The first problem with this answer is that it is too wordy. The second problem is that parts of it are directly copied from Wikipedia. This amounts to plagiarism and can land you in a heap of trouble. The third problem is that mathematical formulas are hard to find amongst all the text. This means that the marker will have a hard time quickly determining if you have all the necessary components in your answer. Making the reader's job easier means that your writing is more likely to actually be read. In the case of submitted homework, the reader is giving you marks so it's definitely in your best interest to make the reader's job easier. This is precisely a sign of good communication.

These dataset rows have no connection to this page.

-- ===== src/Screen/Examples.antt =====
-- The theorems on the screen of gtkconsole.cc after a byte that the guest writes.
use vx68k_v.Base.{ℕ, ◌*◌, true, ◌<◌, ◌≡◌, ◌&&◌, ◌||◌, ◌==◌, leb, ltb, if◌then◌else◌, refl, []}
use vx68k_v.Base.Bus.{ok}
use vx68k_v.TextVram.{TextVram, Glyphs, put_8, mark_update_area}
use vx68k_v.TextVram.Iterator.{big_endian}
use vx68k_v.TextVram.Marks.{byte, perform}
use vx68k_v.Palettes.{init}
use vx68k_v.Screen.{Display, height, begin_timeout}
use vx68k_v.Screen.Steps.{idle, drawing, Reaches, here, next, text, timeout}
use vx68k_v.Screen.Rows.{Drawn, UpToDate}
use vx68k_v.Screen.Refresh.{Reaches-UpToDate}
use vx68k_v.Screen.Timeouts.{timeouts, timeouts-Drawn}

abbrev bars : Glyphs
bars = record { k16 = λ c i. 0x55; b16 = λ c i. 0xf0 }

-- A console that is just connected, its image with whatever the storage held.
abbrev connected : Display
connected = record {
  vram = record { buf = λ _. 0; marks = λ _. true };
  palettes = init;
  rgb_buf = λ j. j * 7;
  counter = 1;
  queued = [];
}

abbrev written : TextVram
written = record {
  buf = λ j. if 0x105 == j then 0xff else 0;
  marks = λ y. (leb 2 y && ltb y 3) || true;
}

write_reached : Reaches big_endian bars idle connected idle (record connected { vram = written })
unfolding perform put_8 mark_update_area
write_reached = next here (text idle connected (byte 0x105 0xff) written tt refl)

Reaches-UpToDate_example :
    UpToDate
      (drawing (begin_timeout (record connected { vram = written })).0 0)
      (begin_timeout (record connected { vram = written })).1
Reaches-UpToDate_example =
    Reaches-UpToDate big_endian bars
      (next write_reached (timeout (record connected { vram = written }))) (λ y h. refl)

timeouts-Drawn_example :
    (e : Display) × (timeouts 26 (record connected { vram = written }) ≡ ok e)
    × (e.vram.buf ≡ written.buf)
    × (e.palettes.tpalette ≡ init.tpalette)
    × ((y : ℕ) → y < height → Drawn e y)
timeouts-Drawn_example =
    timeouts-Drawn big_endian bars connected (record connected { vram = written }) refl
      (λ y h. refl) write_reached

In a number of places, this solution repeats information including sentences and formulas that say the same thing (not necessary) and in some cases multiple sentences that say the same thing (even worse).

Solution 3

The drag force on an object is given by

$F_d= - \mu V$

where $\mu$, the drag coefficient, for a sphere is proportional to the cross-sectional area and is given by

$\mu=\pi r^2 k$.

$r$ is the radius of the sphere and $k$ is a factor that depends on the physical properties of the sphere and the fluid through which it moves. Rewriting $F_d$ using this expression for $\mu$, we get

$F_d=\pi r^2 k V$.

The gravitational force is given by

$F_g= m g$

where $m$ is the mass of the sphere and $g$ is the gravitational constant on the surface of the earth. The mass depends on volume and density, $d$, with $m=\frac{4}{3} \pi r^3 d$. The sphere reaches terminal velocity when the drag and gravitational forces are equal:

$F_d=\pi r^2 k V= \frac{4}{3} \pi r^3 d g = F_g$.

By dividing through by $\pi r^2/k$ we get

$V=4 r d g / (3k) $.

Comments

This is an ideal solution. The formulas are set off clearly from the text so that they can be found easily. In case the logic connecting them is unclear to the reader, there are explanatory comments that act as guides. However, the text is concise - only the necessary information is included.